In cases where basically everyone needs the education to succeed in society
and the positive externalities are large (e.g., teaching young children to
read), I think that the case for "everyone else" paying is pretty strong. In
cases where the education is mostly consumption (i.e., the benefits all go to
the student), the case for subsidizing is weak (e.g., a trust-fund kid getting
multiple PhDs in impractical fields to have something to do).

So the main issue becomes: where does a Bachelor's degree lie on this
spectrum?

1\. Fields of study are very heterogeneous. Some majors have a much larger
return on investment than others, so subsidizing all "higher education"
equally probably doesn't make sense.

2\. Even in Western Europe, college attendance rates are only around 1/3\. Is
it right to have that 1/3 subsidized by the 2/3 who don't go to college, and
who on average have lower income?

3\. (More speculative) To some extent, the payoff to a college education is
not because of what you learn, but in signaling that you're a smart,
conscientious, perseverant person. In that case, a degree becomes less
valuable the more people that have them, and the case for subsidizing what has
become an arms race becomes a lot weaker.

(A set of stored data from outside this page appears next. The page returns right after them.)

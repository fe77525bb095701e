-- ===== src/Agent/Evidence.antt =====
-- evidence.go and decision.go: what is known of a pod, as far as the agent's actions read it.
use sre_agent_gitops.Prelude.{String}
use sre_agent_gitops.Remediation.Verification.{VerificationSubject}
use sre_agent_gitops.Approval.{Target}

pub record DecisionTarget : Type 0 where
  pub cluster : String
  pub namespace : String
  pub kind : String
  pub name : String
  pub uid : String

pub record OwnerEvidence : Type 0 where
  pub kind : String
  pub name : String
  pub uid : String

-- the fields that what is modelled reads
pub record PodEvidence : Type 0 where
  pub target : DecisionTarget
  pub owner : OwnerEvidence

-- `verificationSubjectForPod`
abbrev pub subject_for_pod : PodEvidence → VerificationSubject
subject_for_pod evidence = record {
  cluster = evidence.target.cluster;
  namespace = evidence.target.namespace;
  kind = evidence.owner.kind;
  name = evidence.owner.name;
  uid = evidence.owner.uid;
}

-- the target that a plan for the pod has
abbrev pub expected_target : PodEvidence → Target
expected_target evidence = record {
  cluster = evidence.target.cluster;
  namespace = evidence.target.namespace;
  kind = evidence.target.kind;
  name = evidence.target.name;
  uid = evidence.target.uid;
}
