-- ===== src/Agent/Decision.antt =====
-- decision.go: the decision that the model proposes. Its parsing from JSON, by encoding/json, is not
-- modelled; a decision is what comes of it.
use sre_agent_gitops.Prelude.{
  Bool, List, Option, String, [], ◌∷◌, if◌then◌else◌, is_blank, none, some, not, text_eq, ◌!=◌,
  ◌==◌, ◌||◌, ◌&&◌, true, false,
}
use sre_agent_gitops.Prelude.Method.{first_error}
use sre_agent_gitops.Agent.Config.{Float64}
use sre_agent_gitops.Agent.Evidence.{DecisionTarget}

pub record Decision : Type 0 where
  pub schema_version : String
  pub incident_id : String
  pub action : String
  pub target : DecisionTarget
  pub reason : String
  pub evidence : List String
  pub confidence : Float64
  pub risk : String
  pub requires_approval : Bool

-- Go's `<` on `float64`, and the constants that confidences are compared with.
pub record Floats : Type 0 where
  pub less : Float64 → Float64 → Bool
  pub zero : Float64
  pub one : Float64

-- the `switch d.Action`
abbrev is_action : String → Bool
is_action action = action == "IGNORE" || action == "RESTART_POD" || action == "ESCALATE"

abbrev is_risk : String → Bool
is_risk risk = risk == "low" || risk == "medium" || risk == "high"

unfoldable pub has_blank : List String → Bool
has_blank [] = false
has_blank (item ∷ items) = let rest = has_blank items in if is_blank item then true else rest

abbrev validate_target : DecisionTarget → Option String
validate_target target =
    if is_blank target.cluster
    then some "target.cluster is required"
    else if is_blank target.namespace
    then some "target.namespace is required"
    else if target.kind != "Pod"
    then some "unsupported target.kind"
    else if is_blank target.name
    then some "target.name is required"
    else if is_blank target.uid
    then some "target.uid is required"
    else none

abbrev is_empty : List String → Bool
is_empty [] = true
is_empty (item ∷ items) = false

module _ (floats : Floats) where
  -- `Validate`; an error is its text, less the values that are put into it.
  unfoldable pub validate_decision : Decision → Option String
  validate_decision d =
      if d.schema_version != "v1"
      then some "unsupported schema_version"
      else if is_blank d.incident_id
      then some "incident_id is required"
      else if not (is_action d.action)
      then some "unsupported action"
      else first_error (validate_target d.target) (
          if is_blank d.reason
          then some "reason is required"
          else if is_empty d.evidence
          then some "at least one evidence item is required"
          else if has_blank d.evidence
          then some "evidence must not be empty"
          else if floats.less d.confidence floats.zero || floats.less floats.one d.confidence
          then some "confidence must be between 0 and 1"
          else if not (is_risk d.risk)
          then some "unsupported risk"
          else if d.action == "RESTART_POD" && not d.requires_approval
          then some "RESTART_POD requires approval"
          else none)
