-- ===== src/Agent/Action/Resuming.antt =====
-- waiting_approval.go: an incident that waits for approval, taken up again.
use sre_agent_gitops.Prelude.{
  Bool, List, Option, [], ◌∷◌, Sha256, String, Time, ℕ, none, some, not, ◌!=◌, ◌==◌, ◌||◌, text_eq,
  if◌then◌else◌, int_leb, pos, false, true, ℤ,
}
use sre_agent_gitops.Prelude.Method.{
  Method, Result, err, fail_if, fail_on, ok, returns, writes, ◌>>=◌, ◌>>◌, map_error, lift,
}
use sre_agent_gitops.Incident.{Incident, state_eq, waiting_approval}
use sre_agent_gitops.Remediation.Attempt.{ActionAttempt}
use sre_agent_gitops.Remediation.Verification.{VerificationSubject}
use sre_agent_gitops.Approval.{
  Approval, Error, Plan, approval_expired, approval_not_found, approval_not_yet_valid, target_eq,
  validate,
}
use sre_agent_gitops.Approval.Store.{ApprovalKey, lookup_approval}
use sre_agent_gitops.Approval.PlanStore.{PlanKey, lookup_plan, validate_plan}
use sre_agent_gitops.Agent.Config.{AgentConfig}
use sre_agent_gitops.Agent.Evidence.{PodEvidence, expected_target, subject_for_pod}
use sre_agent_gitops.Agent.Memory.{RemediationSnapshot, action_attempted, record_state}
use sre_agent_gitops.Agent.Action.{
  ActionAgent, Given, World, begin_verification, coded, on_memory, on_plans,
}
use sre_agent_gitops.Agent.Action.Attempting.{begin_action_attempt, complete_action_attempt}
use mathlib.Core.Option

-- `containsString` of policy.go
unfoldable pub contains_string : List String → String → Bool
contains_string [] candidate = false
contains_string (value ∷ values) candidate =
    let later = contains_string values candidate in if value == candidate then true else later

-- `attempts >= maximum`
abbrev pub reaches : ℕ → ℤ → Bool
reaches attempts maximum = int_leb maximum (pos attempts)

-- The code with which an approved plan is denied, if it is.
unfoldable pub waiting_approval_policy_code :
    AgentConfig → Plan → PodEvidence → RemediationSnapshot → Option String
waiting_approval_policy_code config plan evidence state =
    if not config.restart_pod_approved
    then some "APPROVAL_REQUIRED"
    else if not (contains_string config.allowed_namespaces plan.target.namespace)
    then some "NAMESPACE_DENIED"
    else if not (contains_string config.allowed_controller_kinds evidence.owner.kind)
    then some "OWNER_DENIED"
    else if state.duplicate
    then some "DUPLICATE_INCIDENT"
    else if state.in_cooldown
    then some "COOLDOWN_ACTIVE"
    else if int_leb config.maximum_attempts (pos 0)
        || reaches state.attempts_in_window config.maximum_attempts
    then some "ATTEMPT_LIMIT_REACHED"
    else none

abbrev pub binding_key : Incident → PlanKey
binding_key current = record {
  incident_id = current.id;
  hash = current.approval_binding.plan_hash;
  target_uid = current.approval_binding.target_uid;
}

abbrev pub approval_key : Plan → ApprovalKey
approval_key plan = record {
  incident_id = plan.incident_id;
  plan_hash = plan.hash;
  target_uid = plan.target.uid;
}

-- the tests that a recovered plan has to pass
unfoldable pub mismatches : Incident → PodEvidence → Plan → Bool
mismatches current evidence plan =
    plan.incident_id != current.id
    || plan.hash != current.approval_binding.plan_hash
    || plan.target.uid != current.approval_binding.target_uid
    || plan.target != expected_target evidence
    || plan.action != "RESTART_POD"

-- a method's outcome as a value
abbrev pub captured : {A : Type 0} → Method World String A → Method World String (Result String A)
captured m w = let out = m w in (ok out.0, out.1)

module _ (agent : ActionAgent) (sha : Sha256) (given : Given) where
  -- `recoverWaitingApprovalPlan`
  unfoldable pub recover_plan : Incident → PodEvidence → Method World String Plan
  recover_plan current evidence = do
    fail_if (not agent.has_plans) "canonical plan store is not configured"
    fail_if (current.state != waiting_approval) "incident is not WAITING_APPROVAL"
    plan ←
        on_plans (coded "lookup canonical remediation plan")
          (lookup_plan (given.ctx 0) (binding_key current))
    fail_on (Option.map (λ _. "validate recovered canonical plan") (validate_plan sha plan))
    fail_if (mismatches current evidence plan)
        "recovered canonical plan does not match the incident binding and current target"
    returns plan

  -- what `Validate` says of an approval that was found
  abbrev pub judged : Option Error → Result String Bool
  judged none = ok true
  judged (some approval_expired) = ok false
  judged (some approval_not_yet_valid) = ok false
  judged (some e) = err "validate remediation approval"

  -- an approval that is not there is not granted
  abbrev pub judged_found : Plan → Time → Result Error Approval → Result String Bool
  judged_found plan now (ok granted) = judged (validate sha granted plan now)
  judged_found plan now (err approval_not_found) = ok false
  judged_found plan now (err e) = err "lookup remediation approval"

  -- what the look-up answers, as a value
  abbrev pub found_approval : Plan → Method World String (Result Error Approval)
  found_approval plan w =
      let out = lookup_approval (given.ctx 1) (approval_key plan) w.approvals in
      (ok out.0, record w { approvals = out.1 })

  -- `waitingApprovalGranted`
  unfoldable pub approval_granted : Plan → Time → Method World String Bool
  approval_granted plan now = do
    fail_if (not agent.has_approvals) "approval store is not configured"
    found ← found_approval plan
    lift (judged_found plan now found)

  -- `executeApprovedPlan`
  unfoldable pub execute_approved_plan : Plan → Method World String Unit
  execute_approved_plan plan = do
    fail_if (not agent.has_kubernetes) "Kubernetes client is not configured"
    fail_on (Option.map (λ _. "refuse invalid canonical plan") (validate_plan sha plan))
    fail_if (plan.action != "RESTART_POD") "refuse unsupported executable action"
    writes (λ w. record w { deletions = plan ∷ w.deletions })
    fail_on (Option.map (λ _. "delete approved plan target") given.delete_error)

  -- what follows the execution
  abbrev pub report :
      Incident → VerificationSubject → ActionAttempt → Result String Unit → Method World String Unit
  report current subject attempt outcome = do
    completed ← complete_action_attempt agent sha given attempt outcome
    begin_verification agent (given.ctx 10) (given.now 10) current completed
        completed.key.fencing_token subject
    map_error (coded "KUBERNETES_ACTION_FAILED") (lift outcome)

  -- The attempt that the agent has begun, carried out.
  abbrev pub act : Incident → Plan → VerificationSubject → ActionAttempt → Method World String Unit
  act current plan subject attempt = do
    outcome ← captured (execute_approved_plan plan)
    report current subject attempt outcome

  -- what is checked once the answer of the approvals is known
  abbrev pub permit : PodEvidence → RemediationSnapshot → Plan → Bool → Method World String Plan
  permit evidence state plan granted = do
    fail_if (not granted) "APPROVAL_REQUIRED"
    fail_on (waiting_approval_policy_code agent.config plan evidence state)
    fail_if
        (agent.config.incident_claim_holder_id == ""
          || int_leb agent.config.incident_claim_lease_duration (pos 0))
        "INCIDENT_ACTION_FENCE_UNAVAILABLE"
    returns plan

  -- what is checked once the plan is known
  abbrev pub approve : PodEvidence → RemediationSnapshot → Time → Plan → Method World String Plan
  approve evidence state now plan = do
    granted ← map_error (coded "APPROVAL_CHECK_FAILED") (approval_granted plan now)
    permit evidence state plan granted

  -- what is checked before the attempt is begun
  unfoldable pub authorize :
      Incident → PodEvidence → RemediationSnapshot → Time → Method World String Plan
  authorize current evidence state now = do
    plan ← map_error (coded "INCIDENT_PLAN_RECOVERY_FAILED") (recover_plan current evidence)
    approve evidence state now plan

  -- what follows the checks
  abbrev pub proceed :
      String → Incident → PodEvidence → String → Time → Plan → Method World String Unit
  proceed remediation_incident_id current evidence target_key now plan = do
    on_memory (coded "REMEDIATION_STATE_RECORD_FAILED") (
        record_state (record {
          kind = action_attempted;
          incident_id = remediation_incident_id;
          target_key = target_key;
          occurred_at = now;
        }))
    attempt ← begin_action_attempt agent sha given current plan (subject_for_pod evidence)
    act current plan (subject_for_pod evidence) attempt

  -- `resumeWaitingApproval`
  unfoldable pub resume_waiting_approval :
      String
      → Incident
      → PodEvidence
      → RemediationSnapshot
      → String
      → Time
      → Method World String Unit
  resume_waiting_approval remediation_incident_id current evidence state target_key now = do
    plan ← authorize current evidence state now
    proceed remediation_incident_id current evidence target_key now plan
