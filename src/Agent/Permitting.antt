-- ===== src/Agent/Permitting.antt =====
-- decision.go and policy.go: what the tests on a decision and on a pod's past ask for.
use sre_agent_gitops.Prelude.{
  List, String, [], arith, eq_iff, false, int_leb, is_blank, none, pos, negsuc, text_eq, true, ◌<◌,
  ◌∷◌, ◌≡◌, ◌⊎◌, ◌↔◌, ◌||◌, ◌≢◌, ℕ, ℤ,
}
use sre_agent_gitops.Agent.Decision.{Decision, Floats, has_blank, validate_decision}
use sre_agent_gitops.Agent.Action.Resuming.{contains_string, reaches}

abbrev pub Listed : String → List String → Type 0
Listed candidate [] = ⊥
Listed candidate (value ∷ values) = (value ≡ candidate) ⊎ Listed candidate values

pub contains_string-Listed :
    (values : List String) (candidate : String)
    → (contains_string values candidate ≡ true) ↔ Listed candidate values
unfolding contains_string
contains_string-Listed [] candidate = ground arith
contains_string-Listed (value ∷ values) candidate =
    ground (arith, contains_string-Listed values candidate, eq_iff value candidate)

-- A maximum that is positive, and is not reached.
abbrev pub Below : ℕ → ℤ → Type 0
Below attempts (pos maximum) = attempts < maximum
Below attempts (negsuc n) = ⊥

pub reaches-Below :
    (attempts : ℕ) (maximum : ℤ)
    → ((int_leb maximum (pos 0) || reaches attempts maximum) ≡ false) ↔ Below attempts maximum
reaches-Below attempts (pos maximum) = ground arith
reaches-Below attempts (negsuc n) = ground arith

-- None of the texts is blank.
abbrev pub NoneBlank : List String → Type 0
NoneBlank [] = Unit {0}
NoneBlank (item ∷ items) = (is_blank item ≡ false) × NoneBlank items

has_blank-NoneBlank : (items : List String) → (has_blank items ≡ false) ↔ NoneBlank items
unfolding has_blank
has_blank-NoneBlank [] = ground arith
has_blank-NoneBlank (item ∷ items) = ground (arith, has_blank-NoneBlank items)

module _ (floats : Floats) where
  -- A decision to restart a pod that is well formed.
  pub record Restarts (d : Decision) : Type 0 where
    pub schema : d.schema_version ≡ "v1"
    pub incident_id : is_blank d.incident_id ≡ false
    pub action : d.action ≡ "RESTART_POD"
    pub cluster : is_blank d.target.cluster ≡ false
    pub namespace : is_blank d.target.namespace ≡ false
    pub kind : d.target.kind ≡ "Pod"
    pub name : is_blank d.target.name ≡ false
    pub uid : is_blank d.target.uid ≡ false
    pub reason : is_blank d.reason ≡ false
    pub has_evidence : d.evidence ≢ []
    pub evidence : NoneBlank d.evidence
    pub not_below_zero : floats.less d.confidence floats.zero ≡ false
    pub not_above_one : floats.less floats.one d.confidence ≡ false
    pub risk : (d.risk ≡ "low") ⊎ (d.risk ≡ "medium") ⊎ (d.risk ≡ "high")
    pub requires_approval : d.requires_approval ≡ true

  pub valid-Restarts :
      (d : Decision) → validate_decision floats d ≡ none → d.action ≡ "RESTART_POD" → Restarts d
  unfolding validate_decision
  valid-Restarts d h a = record {
    schema = ground (arith, eq_iff d.schema_version "v1");
    incident_id = ground arith;
    action = a;
    cluster = ground arith;
    namespace = ground arith;
    kind = ground (arith, eq_iff d.target.kind "Pod");
    name = ground arith;
    uid = ground arith;
    reason = ground arith;
    has_evidence = λ e. absurd (ground arith);
    evidence = ground (arith, has_blank-NoneBlank d.evidence);
    not_below_zero = ground arith;
    not_above_one = ground arith;
    risk = ground (arith, eq_iff d.risk "low", eq_iff d.risk "medium", eq_iff d.risk "high");
    requires_approval = ground (arith, eq_iff d.action "RESTART_POD");
  }

  pub Restarts-valid : (d : Decision) → Restarts d → validate_decision floats d ≡ none
  unfolding validate_decision
  Restarts-valid d h = ground (
    arith,
    eq_iff d.schema_version "v1",
    eq_iff d.action "RESTART_POD",
    eq_iff d.target.kind "Pod",
    has_blank-NoneBlank d.evidence,
    eq_iff d.risk "low",
    eq_iff d.risk "medium",
    eq_iff d.risk "high",
  )
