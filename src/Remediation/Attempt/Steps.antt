-- ===== src/Remediation/Attempt/Steps.antt =====
-- The attempt store as a state machine: the calls of its methods, and the ways in which a call may
-- change the store.
use sre_agent_gitops.Prelude.Dict.{lookup-insert}
use sre_agent_gitops.Prelude.{
  Context, List, Option-cases, String, [], arith, if◌then◌else◌, inl, inr, none, refl, some, ◌<◌,
  ◌==◌, ◌∷◌, ◌≡◌, ◌≤◌,
}
use sre_agent_gitops.Prelude.Method.{final}
use sre_agent_gitops.Remediation.Keys.{ActionKey, action_key, action_key_eq}
use sre_agent_gitops.Remediation.Attempt.{
  ActionAttempt, BeginActionAttemptCommand, CompleteActionAttemptCommand,
  RecoverActionAttemptCommand, started, validate_begin, validate_complete, validate_recover,
}
use sre_agent_gitops.Remediation.Attempt.Store.{
  MemoryActionAttemptStore, attempt_of, begin, complete, completed, new_attempt, put, recover,
  recovered,
}

pub lookup-put :
    (k j : ActionKey) (a : ActionAttempt) (s : MemoryActionAttemptStore)
    → attempt_of j (put k a s) ≡ (if k == j then some a else attempt_of j s)
lookup-put k j a s = lookup-insert k j a s.attempts

pub data Call : Type 0 where
  begins : Context → BeginActionAttemptCommand → Call
  completes : Context → CompleteActionAttemptCommand → Call
  recovers : Context → RecoverActionAttemptCommand → Call

-- The owner of a started attempt ends it.
pub record Completes (c : CompleteActionAttemptCommand) (current : ActionAttempt) : Type 0 where
  pub valid : validate_complete c ≡ none
  pub pending : current.status ≡ started
  pub owner : current.key.fencing_token ≡ c.key.fencing_token
  pub expected : current.version ≡ c.expected_version
  pub ordered : current.started_at ≤ c.finished_at

-- The holder of a larger token gives a started attempt up.
pub record Recovers (c : RecoverActionAttemptCommand) (current : ActionAttempt) : Type 0 where
  pub valid : validate_recover c ≡ none
  pub pending : current.status ≡ started
  pub newer : current.key.fencing_token < c.key.fencing_token
  pub ordered : current.started_at ≤ c.recovered_at

complete_change :
    (P : MemoryActionAttemptStore → Type 0) (ctx : Context) (c : CompleteActionAttemptCommand)
    (s : MemoryActionAttemptStore)
    → P s
    → ((x : ActionAttempt)
        → attempt_of (action_key c.key) s ≡ some x
        → Completes c x
        → P (put (action_key c.key) (completed x c) s))
    → P (final (complete ctx c) s)
unfolding complete
complete_change P ctx c s same new = elim (Option-cases (attempt_of (action_key c.key) s)) [
  | inl e ↦ ground arith
  | inr (x, e) ↦ ground (arith, new x e)
]

recover_change :
    (P : MemoryActionAttemptStore → Type 0) (ctx : Context) (c : RecoverActionAttemptCommand)
    (s : MemoryActionAttemptStore)
    → P s
    → ((x : ActionAttempt)
        → attempt_of (action_key c.key) s ≡ some x
        → Recovers c x
        → P (put (action_key c.key) (recovered x c) s))
    → P (final (recover ctx c) s)
unfolding recover
recover_change P ctx c s same new = elim (Option-cases (attempt_of (action_key c.key) s)) [
  | inl e ↦ ground arith
  | inr (x, e) ↦ ground (arith, new x e)
]

module _ (digest : String → String) where
  pub data Change (s t : MemoryActionAttemptStore) : Type 0 where
    unchanged : t ≡ s → Change s t
    begun :
        (c : BeginActionAttemptCommand)
        → validate_begin c ≡ none
        → attempt_of (action_key c.key) s ≡ none
        → t ≡ put (action_key c.key) (new_attempt digest c) s
        → Change s t
    ended :
        (c : CompleteActionAttemptCommand) (current : ActionAttempt)
        → attempt_of (action_key c.key) s ≡ some current
        → Completes c current
        → t ≡ put (action_key c.key) (completed current c) s
        → Change s t
    given_up :
        (c : RecoverActionAttemptCommand) (current : ActionAttempt)
        → attempt_of (action_key c.key) s ≡ some current
        → Recovers c current
        → t ≡ put (action_key c.key) (recovered current c) s
        → Change s t

  unfoldable pub step : Call → MemoryActionAttemptStore → MemoryActionAttemptStore
  step (begins ctx c) s = final (begin digest ctx c) s
  step (completes ctx c) s = final (complete ctx c) s
  step (recovers ctx c) s = final (recover ctx c) s

  unfoldable pub run : List Call → MemoryActionAttemptStore → MemoryActionAttemptStore
  run [] s = s
  run (call ∷ calls) s = run calls (step call s)

  begin_change :
      (P : MemoryActionAttemptStore → Type 0) (ctx : Context) (c : BeginActionAttemptCommand)
      (s : MemoryActionAttemptStore)
      → P s
      → (validate_begin c ≡ none
          → attempt_of (action_key c.key) s ≡ none
          → P (put (action_key c.key) (new_attempt digest c) s))
      → P (final (begin digest ctx c) s)
  unfolding begin
  begin_change P ctx c s same new = ground arith

  -- Whatever a call returns, it leaves the store, begins an attempt that was not there, ends a
  -- started attempt for its owner, or gives one up for the holder of a larger token.
  pub step-Change : (call : Call) (s : MemoryActionAttemptStore) → Change s (step call s)
  unfolding step
  step-Change (begins ctx c) s =
      begin_change (Change s) ctx c s (unchanged refl) (λ v n. begun c v n refl)
  step-Change (completes ctx c) s =
      complete_change (Change s) ctx c s (unchanged refl) (λ x e h. ended c x e h refl)
  step-Change (recovers ctx c) s =
      recover_change (Change s) ctx c s (unchanged refl) (λ x e h. given_up c x e h refl)
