-- ===== src/Agent/Action/Extending.antt =====
-- The agent's methods by what they leave of the attempts and of the deletions.
use sre_agent_gitops.Prelude.{
  Bool, Option, String, arith, false, none, refl, some, true, ◌∙◌, ◌≡◌, text_eq, nat_eq,
}
use sre_agent_gitops.Prelude.Method.{
  lift, Method, Result, continue, err, fail_if, fail_on, fails, final, map_error, map_result, ok,
  returns, ◌>>=◌, ◌>>◌,
}
use sre_agent_gitops.Incident.{state_eq}
use sre_agent_gitops.Incident.Registry.{Registry}
use sre_agent_gitops.Remediation.Keys.{ActionKey, action_key_eq}
use sre_agent_gitops.Remediation.Attempt.{ActionAttempt, status_eq}
use sre_agent_gitops.Remediation.Attempt.Store.{MemoryActionAttemptStore, attempt_of, put}
use sre_agent_gitops.Remediation.Attempt.Steps.{lookup-put}
use sre_agent_gitops.Remediation.Verification.{verification_status_eq}
use sre_agent_gitops.Remediation.Verification.Store.{MemoryVerificationStore}
use sre_agent_gitops.Approval.PlanStore.{MemoryPlanStore}
use sre_agent_gitops.Agent.Memory.{RemediationMemory}
use sre_agent_gitops.Agent.Action.{World, on_attempts, on_incidents, on_memory, on_plans, placed}

-- No attempt is lost.
abbrev pub Grows : MemoryActionAttemptStore → MemoryActionAttemptStore → Type 0
Grows s t = (k : ActionKey) → attempt_of k t ≡ none → attempt_of k s ≡ none

-- Nothing is deleted, and no attempt is lost.
pub record Extends (w t : World) : Type 0 where
  pub deletions : t.deletions ≡ w.deletions
  pub attempts : Grows w.attempts t.attempts

pub Extends_refl : (w : World) → Extends w w
Extends_refl w = record { deletions = refl; attempts = λ k e. e }

pub Extends_trans : (u v w : World) → Extends u v → Extends v w → Extends u w
Extends_trans u v w p q = record {
  deletions = q.deletions ∙ p.deletions;
  attempts = λ k e. p.attempts k (q.attempts k e);
}

pub record Safe {A : Type 0} (m : Method World String A) : Type 0 where
  pub run : (w : World) → Extends w (final m w)

pub Safe-bind :
    {A B : Type 0} (m : Method World String A) (f : A → Method World String B)
    → Safe m
    → ((a : A) → Safe (f a))
    → Safe (m >>= f)
Safe-bind {A} m f h k = record { run = λ w. go w (m w) (h.run w) }
  where
    go : (w : World) (o : Result String A × World) → Extends w o.1 → Extends w (continue o f).1
    go w (ok a, t) p = Extends_trans w t _ p ((k a).run t)
    go w (err e, t) p = p

pub Safe-after :
    {A B : Type 0} (m : Method World String A) (n : Method World String B)
    → Safe m
    → Safe n
    → Safe (m >> n)
Safe-after {A} m n h k = record { run = λ w. go w (m w) (h.run w) }
  where
    go :
        (w : World) (o : Result String A × World)
        → Extends w o.1
        → Extends w (continue o (λ _. n)).1
    go w (ok a, t) p = Extends_trans w t _ p (k.run t)
    go w (err e, t) p = p

pub Safe-map_error :
    {A : Type 0} (f : String → String) (m : Method World String A) → Safe m → Safe (map_error f m)
Safe-map_error {A} f m h = record { run = λ w. go w (m w) (h.run w) }
  where
    go : (w : World) (o : Result String A × World) → Extends w o.1 → Extends w (map_result f o).1
    go w (ok a, t) p = p
    go w (err e, t) p = p

pub Safe-returns : {A : Type 0} (a : A) → Safe (returns a)
Safe-returns a = record { run = Extends_refl }

pub Safe-fails : {A : Type 0} (e : String) → Safe {A = A} (fails e)
Safe-fails e = record { run = Extends_refl }

pub Safe-unless :
    {A : Type 0} (b : Bool) (e : String) (m : Method World String A)
    → Safe m
    → Safe (fail_if b e >> m)
Safe-unless true e m h = record { run = Extends_refl }
Safe-unless false e m h = record { run = λ w. h.run w }

pub Safe-on :
    {A : Type 0} (e : Option String) (m : Method World String A) → Safe m → Safe (fail_on e >> m)
Safe-on none m h = record { run = λ w. h.run w }
Safe-on (some e) m h = record { run = Extends_refl }

pub Safe-lift : {A : Type 0} (o : Result String A) → Safe (lift o)
Safe-lift o = record { run = Extends_refl }

pub Safe-fail_if : (b : Bool) (e : String) → Safe (fail_if b e)
Safe-fail_if true e = record { run = Extends_refl }
Safe-fail_if false e = record { run = Extends_refl }

pub Safe-fail_on : (e : Option String) → Safe (fail_on e)
Safe-fail_on none = record { run = Extends_refl }
Safe-fail_on (some e) = record { run = Extends_refl }

pub Safe-on_incidents :
    {E A : Type 0} (code : E → String) (m : Method (Registry MemoryVerificationStore) E A)
    → Safe (on_incidents code m)
Safe-on_incidents {E} {A} code m = record { run = λ w. go w (m w.incidents) }
  where
    go :
        (w : World) (o : Result E A × Registry MemoryVerificationStore)
        → Extends w (placed (λ s v. record v { incidents = s }) code w o).1
    go w (ok a, s) = record { deletions = refl; attempts = λ k e. e }
    go w (err e, s) = record { deletions = refl; attempts = λ k d. d }

pub Safe-on_plans :
    {E A : Type 0} (code : E → String) (m : Method MemoryPlanStore E A) → Safe (on_plans code m)
Safe-on_plans {E} {A} code m = record { run = λ w. go w (m w.plans) }
  where
    go :
        (w : World) (o : Result E A × MemoryPlanStore)
        → Extends w (placed (λ s v. record v { plans = s }) code w o).1
    go w (ok a, s) = record { deletions = refl; attempts = λ k e. e }
    go w (err e, s) = record { deletions = refl; attempts = λ k d. d }

pub Safe-on_memory :
    {E A : Type 0} (code : E → String) (m : Method RemediationMemory E A) → Safe (on_memory code m)
Safe-on_memory {E} {A} code m = record { run = λ w. go w (m w.memory) }
  where
    go :
        (w : World) (o : Result E A × RemediationMemory)
        → Extends w (placed (λ s v. record v { memory = s }) code w o).1
    go w (ok a, s) = record { deletions = refl; attempts = λ k e. e }
    go w (err e, s) = record { deletions = refl; attempts = λ k d. d }

pub Safe-on_attempts :
    {E A : Type 0} (code : E → String) (m : Method MemoryActionAttemptStore E A)
    → ((s : MemoryActionAttemptStore) → Grows s (final m s))
    → Safe (on_attempts code m)
Safe-on_attempts {E} {A} code m h = record { run = λ w. go w (m w.attempts) (h w.attempts) }
  where
    go :
        (w : World) (o : Result E A × MemoryActionAttemptStore)
        → Grows w.attempts o.1
        → Extends w (placed (λ s v. record v { attempts = s }) code w o).1
    go w (ok a, s) g = record { deletions = refl; attempts = g }
    go w (err e, s) g = record { deletions = refl; attempts = g }

pub put-Grows :
    (k : ActionKey) (a : ActionAttempt) (s : MemoryActionAttemptStore) → Grows s (put k a s)
put-Grows k a s j e = ground (arith, lookup-put k j a s)

pub ruleset safe = (
  Safe-unless, Safe-on, Safe-after, Safe-bind, Safe-map_error, Safe-on_incidents, Safe-on_plans,
  Safe-on_memory, Safe-returns, Safe-fails, Safe-fail_if, Safe-fail_on,
)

4\. If we spend a lot of money and effort propping up the current, very
expensive, forms of higher education, we might discourage better ways of
educating from emerging. One example is something like Coursera, where the
marginal cost of adding one more student is basically zero, and everyone can
learn from the very best educators in the field. Another would be separate
institutions for education and for testing / accreditation. This would help
with grade inflation, bring back the focus in the educational institutions to
teaching rather than credentialing, and provide more accountability (% of
graduates passing a common exam is a lot easier to compare than future income
of graduates, and is less confounded by things like socio-economic status of
students).

------
WeAllDieByBan
Don't pay it and default.

You'll only have to pay the income tax on the defaulted loan.

It's not like you need credit anyways since almost no one in this generation
is going to be able to afford a house down payment.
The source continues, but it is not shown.